Why are bills still high if rates are below average?
Older homes, electric resistance heat, and cold winters can push kWh consumption above the national median. Riders, base charges, and seasonal weather also matter. At ~1,000 kWh, many households land near ~$175/month all-in.
How does West Virginia compare to Virginia on Appalachian Power?
Appalachian Power operates in both states; Virginia and West Virginia share APCo branding but have different regulatory dockets, riders, and renewable programs. Always verify your state’s tariff.

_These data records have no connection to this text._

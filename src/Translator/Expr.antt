-- ===== src/Translator/Expr.antt =====
-- oplt/stran/OT_EXPR.CPP: the expression parser. Operators wait on a stack until the precedence
-- table has them put out; the code comes out in postfix order, and a cast that the left operand
-- turns out to need is inserted where that operand's code ends.
pub mod Table
pub mod Typing
pub mod Output
pub mod Pending
pub mod Act
pub mod Find
pub mod Sound
pub mod Percent
use opl_dev.Prelude.{
  ℕ, zero, suc, ◌-◌, List, [], ◌∷◌, ◌++◌, Bool, true, false, ◌&&◌, ◌||◌, Option, none, some, length,
  insert_at, ltb, leb, ◌==◌, if◌then◌else◌,
}
use opl_dev.Prelude.Int.{ℤ, pos, to_int16}
use opl_dev.Prelude.Outcome.{
  Outcome, ok, leave, panic, spent, ◌>>=◌, checked, syntax, type_mismatch, mismatched_bracket,
  array_bounds,
}
use opl_dev.Translator.Token.{
  OplType, word, long, real, string, rank, Operator, less_than, greater_than, plus, minus, multiply,
  divide, not, unary_minus, perc, open_bracket, close_bracket, end_of_expression, perc_less,
  perc_greater, perc_plus, perc_minus, perc_multiply, perc_divide, and, or, not_equal,
  start_of_expression, number, Token, operator, identifier, punctuation, call, keyword, structure,
  reserved, word_value,
}
use opl_dev.Translator.Pcode.{Pcode, push_constant, cast, apply, Arity, unary, binary}
use Table.{Action, column, action}

-- `TStackedOperator`, less the offset in the source that it keeps for error messages: the
-- operator, the type of the expression on its left, and where that expression's code ends.
pub record StackedOperator : Type 0 where
  pub operator : Operator
  pub type : OplType
  pub pcode_pos : ℕ

-- `TEvaluatorState`. `operator_seen` is the shift KOperatorSeenShift (true) or 0.
pub record EvaluatorState : Type 0 where
  pub operator : Operator
  pub operator_seen : Bool
  pub type : OplType
  pub nesting_level : ℕ

abbrev pub start_state : EvaluatorState
start_state = record {
  operator = start_of_expression;
  operator_seen = true;
  type = word;
  nesting_level = 0;
}

-- The part of COplParserBase that an expression changes: `iOperatorStack` (top first), `iCode`,
-- and the lexer.
pub record Parser (L R : Type 0) : Type 0 where
  pub operator_stack : List StackedOperator
  pub code : List (Pcode R)
  pub lexer : L

-- What the parser asks of a lexer: COplLexerBase::LexL, NextChar and Type. UnLex is no operation
-- here: it goes back to the lexer's state in front of the token.
pub record Lexer : Type 1 where
  pub State : Type 0
  pub lex : State → Outcome (Token × State)
  pub next_char : State → Outcome (ℕ × State)
  pub type : State → OplType

-- The operands of an expression: COplParserBase::RightSideReferenceL and CallL.
pub record Operands (lx : Lexer) (R : Type 0) : Type 0 where
  pub right_side_reference : Token → Parser lx.State R → Outcome (Parser lx.State R)
  pub call : Token → Parser lx.State R → Outcome (OplType × Parser lx.State R)

abbrev pub is_oper : Operator → Operator → Bool
is_oper a b = number a == number b

-- `percOpsMap`
abbrev pub perc_ops_map : List (Operator × Operator)
perc_ops_map =
    (less_than, perc_less)
    ∷ (greater_than, perc_greater)
    ∷ (plus, perc_plus)
    ∷ (minus, perc_minus)
    ∷ (multiply, perc_multiply)
    ∷ (divide, perc_divide)
    ∷ []

-- The loop through `percOpsMap`, which has no end of its own: past the table is out of bounds.
unfoldable pub find_perc : Operator → List (Operator × Operator) → Outcome Operator
find_perc op [] = panic array_bounds
find_perc op ((old, new) ∷ rest) = if is_oper op old then ok new else find_perc op rest

-- `iOperatorStack.Top()`
unfoldable pub top : List StackedOperator → Outcome StackedOperator
top [] = panic array_bounds
top (e ∷ es) = ok e

-- `iOperatorStack.Drop()`
unfoldable pub drop : List StackedOperator → Outcome (List StackedOperator)
drop [] = panic array_bounds
drop (e ∷ es) = ok es

-- `iOperatorStack.Top().SetOperator(op)`
unfoldable pub set_top : Operator → List StackedOperator → Outcome (List StackedOperator)
set_top op [] = panic array_bounds
set_top op (e ∷ es) = ok (record e { operator = op } ∷ es)

-- `resultingType` of a binary operator over operands of one type
unfoldable pub binary_result : Operator → OplType → OplType
binary_result oper type =
    if leb (number oper) (number not_equal)
    then word
    else (if rank type == rank real && (is_oper oper and || is_oper oper or) then word else type)

module _ {R : Type 0} where
  -- `PCodeCastL` at a position of the stream
  unfoldable pub p_code_cast : OplType → OplType → ℕ → List (Pcode R) → List (Pcode R)
  p_code_cast from to at code =
      if rank from == rank to then code else insert_at at (cast from to) code

  -- `PromoteL`: only to a larger type. The type that results, and the code.
  unfoldable pub promote : OplType → OplType → ℕ → List (Pcode R) → OplType × List (Pcode R)
  unfolding p_code_cast
  promote from to at code =
      if leb (rank to) (rank from) then (from, code) else (to, p_code_cast from to at code)

  -- `OutputOperatorL` for an operator with one operand, whose type is given.
  unfoldable pub output_unary :
      Operator → OplType → List (Pcode R) → Outcome (OplType × List (Pcode R))
  output_unary oper type code =
      if rank type == rank string
      then leave type_mismatch
      else (let result = if is_oper oper not && rank type == rank real then word else type in
          ok (result, code ++ apply type result unary oper ∷ []))

  -- `OutputOperatorL` for a percent operator: both sides are brought to real.
  unfoldable pub output_percent :
      StackedOperator → OplType → List (Pcode R) → Outcome (OplType × List (Pcode R))
  output_percent oper type code =
      let (_, code₁) = promote oper.type real oper.pcode_pos code in
      let (right, code₂) = promote type real (length code₁) code₁ in
      ok (real, code₂ ++ apply right real binary oper.operator ∷ [])

  -- `OutputOperatorL` for the other binary operators: both sides are brought to the larger type.
  unfoldable pub output_binary :
      StackedOperator → OplType → List (Pcode R) → Outcome (OplType × List (Pcode R))
  unfolding promote
  output_binary oper type code =
      let (left, code₁) = promote oper.type type oper.pcode_pos code in
      let (right, code₂) = promote type left (length code₁) code₁ in
      if rank right == rank string && ltb (number plus) (number oper.operator)
      then leave type_mismatch
      else (let result = binary_result oper.operator right in
          ok (result, code₂ ++ apply right result binary oper.operator ∷ []))

  -- `OutputOperatorL` on the operator that it has popped: the new type and code.
  unfoldable pub output :
      StackedOperator → OplType → List (Pcode R) → Outcome (OplType × List (Pcode R))
  output oper type code =
      let n = number oper.operator in
      if is_oper oper.operator unary_minus || is_oper oper.operator not
      then output_unary oper.operator type code
      else (if leb (number perc_less) n && leb n (number perc_divide)
          then output_percent oper type code
          else output_binary oper type code)

module _ (lx : Lexer) (R : Type 0) (operands : Operands lx R) where
  abbrev pub State : Type 0
  State = EvaluatorState × Parser lx.State R

  -- `StackOperatorL`
  unfoldable pub stack_operator : Operator → OplType → State → State
  stack_operator op type (st, p) = (
    record st { operator_seen = true },
    record p {
      operator_stack =
          record { operator = op; type = type; pcode_pos = length p.code } ∷ p.operator_stack;
    },
  )

  -- `OutputOperatorL`
  unfoldable pub output_operator : State → Outcome State
  output_operator (st, p) = do
    oper ← top p.operator_stack
    rest ← drop p.operator_stack
    (type, code) ← output oper st.type p.code
    ok (record st { type = type }, record p { operator_stack = rest; code = code })

  -- FindOperatorL at a token of class EOperator: whether the search ends, and the new state.
  -- `before` is the parser in front of the token, for UnLex; `p` the parser behind it.
  unfoldable pub find_at_operator :
      Operator → EvaluatorState → Parser lx.State R → Parser lx.State R → Outcome (Bool × State)
  find_at_operator close_bracket st before p =
      if st.nesting_level == 0
      then ok (true, (record st { operator = end_of_expression }, before))
      else ok
          (true, (record st { operator = close_bracket; nesting_level = st.nesting_level - 1 }, p))
  find_at_operator open_bracket st before p =
      ok (true, (record st { operator = open_bracket; nesting_level = suc st.nesting_level }, p))
  find_at_operator perc st before p =
      if st.operator_seen
      then (do
        (char, lexer) ← lx.next_char p.lexer
        ok (
          false,
          (
            record st { operator = perc; operator_seen = false; type = word },
            record p {
              code = p.code ++ push_constant (word_value (to_int16 (pos char))) ∷ [];
              lexer = lexer;
            },
          ),
        ))
      else ok (true, (record st { operator = perc }, p))
  find_at_operator minus st before p =
      ok (true, (record st { operator = if st.operator_seen then unary_minus else minus }, p))
  find_at_operator op st before p = ok (true, (record st { operator = op }, p))

  -- One round of FindOperatorL's loop.
  unfoldable pub find_at :
      Token → EvaluatorState → Parser lx.State R → Parser lx.State R → Outcome (Bool × State)
  unfolding find_at_operator
  find_at (operator op) st before p = find_at_operator op st before p
  find_at (identifier i) st before p =
      if st.operator_seen
      then (do
        p' ← operands.right_side_reference (identifier i) p
        ok (false, (record st { operator_seen = false; type = lx.type p.lexer }, p')))
      else leave syntax
  find_at (call c) st before p =
      if st.operator_seen
      then (do
        (type, p') ← operands.call (call c) p
        ok (false, (record st { operator_seen = false; type = type }, p')))
      else leave syntax
  find_at (punctuation m) st before p =
      ok (true, (record st { operator = end_of_expression }, before))
  find_at _ st before p = leave syntax

  -- `FindOperatorL`, on fuel for the rounds of its loop.
  unfoldable pub find_operator : ℕ → State → Outcome State
  find_operator zero s = spent
  find_operator (suc fuel) (st, p) = do
    (token, lexer) ← lx.lex p.lexer
    (found, s') ← find_at token st p (record p { lexer = lexer })
    let rest = find_operator fuel s'
    if found then ok s' else rest

  -- ActOnOperatorL at ELROB: puts operators out down to the open bracket.
  unfoldable pub reduce_to_bracket : ℕ → State → Outcome State
  reduce_to_bracket zero s = spent
  reduce_to_bracket (suc fuel) (st, p) = do
    e ← top p.operator_stack
    let rest = output_operator (st, p) >>= reduce_to_bracket fuel
    if is_oper e.operator open_bracket
        then ok (st, p)
        else (if is_oper e.operator start_of_expression then leave mismatched_bracket else rest)

  -- The fall through to ELDrp
  unfoldable pub drop_top : State → Outcome State
  drop_top (st, p) = do rest ← drop p.operator_stack; ok (st, record p { operator_stack = rest })

  unfoldable pub close : State → Outcome State
  unfolding drop_top
  close s = do
    (st, p) ← reduce_to_bracket (suc (length s.1.operator_stack)) s
    drop_top (
      record st { operator_seen = false },
      record p { code = p.code ++ apply st.type st.type unary close_bracket ∷ [] },
    )

  unfoldable pub percent_top : State → Outcome State
  percent_top (st, p) = do
    e ← top p.operator_stack
    op ← find_perc e.operator perc_ops_map
    marked ← set_top op p.operator_stack
    output_operator (st, record p { operator_stack = marked })

  -- The switch of ActOnOperatorL. `again` is its next round. The flag says that the expression
  -- is accepted.
  unfoldable pub perform :
      Action → (State → Outcome (Bool × State)) → State → Outcome (Bool × State)
  unfolding stack_operator drop_top percent_top
  perform Action.error again s = leave syntax
  perform Action.stack again (st, p) = ok (false, stack_operator st.operator st.type (st, p))
  perform Action.accept again s = do s' ← drop_top s; ok (true, s')
  perform Action.reduce again s = output_operator s >>= again
  perform Action.percent again s = do s' ← percent_top s; ok (false, s')
  perform Action.reduce_to_open_bracket again s = do s' ← close s; ok (false, s')
  perform Action.drop again s = do s' ← drop_top s; ok (false, s')
  perform Action.missing_bracket again s = leave mismatched_bracket

  -- The rounds of ActOnOperatorL, on fuel; `col` is computed once in front of them.
  unfoldable pub act : ℕ → ℕ → State → Outcome (Bool × State)
  act zero col s = spent
  act (suc fuel) col (st, p) = do
    e ← top p.operator_stack
    a ← action e.operator col st.operator_seen
    perform a (act fuel col) (st, p)

  -- `ActOnOperatorL`
  unfoldable pub act_on_operator : State → Outcome (Bool × State)
  act_on_operator (st, p) = do
    col ← column st.operator
    act (suc (length p.operator_stack)) col (st, p)

  -- The loop of ExpressionL, on fuel.
  unfoldable pub expression_from : ℕ → State → Outcome (OplType × Parser lx.State R)
  expression_from zero s = spent
  expression_from (suc fuel) s = do
    s₁ ← find_operator 2 s
    (accepted, s₂) ← act_on_operator s₁
    let rest = expression_from fuel s₂
    if accepted then ok (s₂.0.type, s₂.1) else rest

  -- `ExpressionL()`
  unfoldable pub expression : ℕ → Parser lx.State R → Outcome (OplType × Parser lx.State R)
  unfolding expression_from stack_operator
  expression fuel p =
      expression_from fuel (stack_operator start_of_expression word (start_state, p))

  -- `ExpressionL(TOplToken::TType)`
  unfoldable pub expression_of : ℕ → OplType → Parser lx.State R → Outcome (Parser lx.State R)
  expression_of fuel type p = do
    (found, p') ← expression fuel p
    ok (record p' { code = p_code_cast found type (length p'.code) p'.code })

How can I lower my electric bill in West Virginia?
Weatherize, add insulation, use a smart thermostat, and pursue utility rebates. Apply for LIHEAP if eligible. Evaluate solar if your roof and net-metering rules make sense; consider green power products if offered.
About this Data
Rate and bill statistics are sourced from the U.S. Energy Information Administration (EIA), the Public Service Commission of West Virginia, Appalachian Power, Monongahela Power (FirstEnergy), Potomac Edison (FirstEnergy), Wheeling Power (AEP), and ElectricChoice.com. Generation mix and coal rankings are summarized from EIA state profiles. Green energy and efficiency program availability may change — confirm with your utility. Last review: April 2026.